Книга У последней черты - Михаил Арцыбашев
Шрифт:
Интервал:
Закладка:
Доктор Арнольди молча, положив скрещенные руки на палку, сидел, как каменный, и только от толчков экипажа неровно качал большой тяжелой головой. Арбузов тоже молчал и пристально вглядывался в поля своими черными воспаленными глазами.
Но когда в воздухе разлились розовые краски утра и поля еще больше побелели от росы и туманов, когда воздушной чертой засинел, прежде черный, лес и где-то далеко, на краю горизонта, золотой звездочкой загорелась главка какой-то церковки, Арбузов вдруг засмеялся, поднял голову и крикнул удалым бесшабашным голосом:
— Что ж вы, черти, приуныли?.. Павел, вали, жарь… пристяжные, вскачь!.. Ого-го, жарь!
Он повернул к Михайлову странным блеском загоревшиеся глаза и крикнул:
— Эх ты, художник… гляди, а ведь это все мое!.. Вон, пока глазом хватит… и лес, и поля, и степь — все мое!.. Наша земля, арбузовская!
— Ну, так что ж? — презрительно спросил Михайлов, чувствуя, что Арбузов чем-то хочет задеть его.
— Да, брат, пиши картины, старайся… памятник поставят… а земля-то моя… на которой памятники стоять будут! — как будто дразня и в самом деле, продолжал Арбузов. — Все мое… только счастья нет! — неожиданно прибавил он и бешено закричал: — Павел, стой! Не видишь, дурак, отстали… подождать надо!
Тройка, взрывая землю и садясь, остановилась. Хором завопили и долго не могли успокоиться обиженные бубенчики. От лошадей столбом валил пар, уже розовый от зари.
Сзади поспевали два других экипажа, уже слышны были крики, и кто-то, красный в первых лучах восходящего солнца, махал фуражкой.
Экипажи налетели сзади, сцепились колесами и стали. Все громко заговорили, закричали, засмеялись. Стало вдруг весело и легко опять. Усталость мгновенно исчезла.
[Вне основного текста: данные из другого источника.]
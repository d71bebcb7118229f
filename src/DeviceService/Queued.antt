-- ===== src/DeviceService/Queued.antt =====
-- The commands of `publish` for the points of a request, as a description of their own.
use geo_device.Prelude.{◌<◌, ◌≡◌, refl, List, [], ◌∷◌, ◌++◌, flat, map, length, arith}
use geo_device.Batched.{IsBatching, batched, flat-batched, batched-IsBatching}
use geo_device.Constants.{stream, payload_field, pending_pings_key}
use geo_device.Pings.{Ping, Formats}
use geo_device.Pings.Codec.{encode_pings}
use geo_device.Services.{Command, xadd, incrby}
use geo_device.Settings.{IngestSettings}
use geo_device.Stream.{publish_commands}
use geo_device.DeviceService.{LocationRequest, to_ping}

-- The pings have the fields of the points.
abbrev pub ArePings : List LocationRequest → List Ping → Type 0
ArePings [] [] = Unit
ArePings (point ∷ points) (ping ∷ pings) =
    ((ping.device_id ≡ point.device_id)
      × (ping.lat ≡ point.lat)
      × (ping.lon ≡ point.lon)
      × (ping.recorded_at ≡ point.recorded_at))
    × ArePings points pings
ArePings _ _ = ⊥

to_ping-ArePings : (points : List LocationRequest) → ArePings points (map to_ping points)
unfolding to_ping
to_ping-ArePings [] = tt
to_ping-ArePings (p ∷ points) = ((refl, refl, refl, refl), to_ping-ArePings points)

length-to_ping : (points : List LocationRequest) → length (map to_ping points) ≡ length points
length-to_ping [] = refl
length-to_ping (p ∷ points) = omega (arith, length-to_ping points)

module _ (formats : Formats) (settings : IngestSettings) where
  abbrev pub publishes : List LocationRequest → List Command
  publishes points = publish_commands formats settings (map to_ping points)

  -- The commands add exactly the points: in order, in batches of the chunk size, each of which is
  -- one entry of the stream, and the counter goes up by their number.
  abbrev pub Carries : List LocationRequest → List Command → Type 0
  Carries points commands =
      (pings : List Ping) × (batches : List (List Ping)) × ArePings points pings
      × (flat batches ≡ pings)
      × IsBatching settings.chunk_size batches
      × (commands
          ≡ map (λ b. xadd stream payload_field (encode_pings formats b) settings.stream_max_len)
              batches
            ++ incrby pending_pings_key (length points) ∷ [])

  pub publishes-Carries :
      (points : List LocationRequest) → 0 < settings.chunk_size → Carries points (publishes points)
  unfolding publish_commands
  publishes-Carries points h = (
    map to_ping points,
    batched settings.chunk_size (map to_ping points),
    to_ping-ArePings points,
    flat-batched settings.chunk_size (map to_ping points),
    batched-IsBatching settings.chunk_size (map to_ping points) h,
    rw (length-to_ping points) refl,
  )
Яркое свежее утро вошло в души молодой удалью.
Только рыжий батюшка, совершенно измученный, с повисшими, размокшими кудрями, брюзжал и жаловался:
— Напрасно поехали… И попадья будет беспокоиться… Бог знает, что выдумали… вовсе даже не остроумно!
— Что? — спросил Арбузов, тяжело поворачивая к нему мрачные жгучие глаза.
— Напрасно, говорю, поехал я, и попадья…
— А, попадья? — бешено заорал Арбузов, налив кровью воспаленные белки, — а какого черта ты ввязался?.. Попадья? Ну, и ступай к попадье!.. Пошел, вылазь!
Рыжий батюшка испугался и обиделся.
— Да что ж я… только говорю…
— А, говоришь? — с непонятной злобой орал Арбузов, никого не слушая. — Ну, и ступай… марш!.. Павел, гони его в шею!
— Вы позвольте, с духовным лицом так об…
— Я тебе говорю! — бешено не крикнул, а взвизгнул Арбузов и поднял нагайку.
Батюшка побледнел и, смиренно, беспомощно оглядываясь на всех умоляющими глазами, полез из экипажа и остановился на краю дороги.
— Павел, трогай! — крикнул Арбузов.
— Ну, что ты делаешь! — недовольно заговорил Михайлов.
— Купеческое самодурство… — брезгливо пробормотал Чиж.
Арбузов мрачно и как будто выжидающе смотрел на Михайлова.
— А кто не хочет… — медленно и грозно проговорил он.
И все замолчали. Только доктор Арнольди быстро взглянул на Арбузова и Михайлова своими умными глазками, да Наумов равнодушно пожал плечами. Остальные смотрели в сторону.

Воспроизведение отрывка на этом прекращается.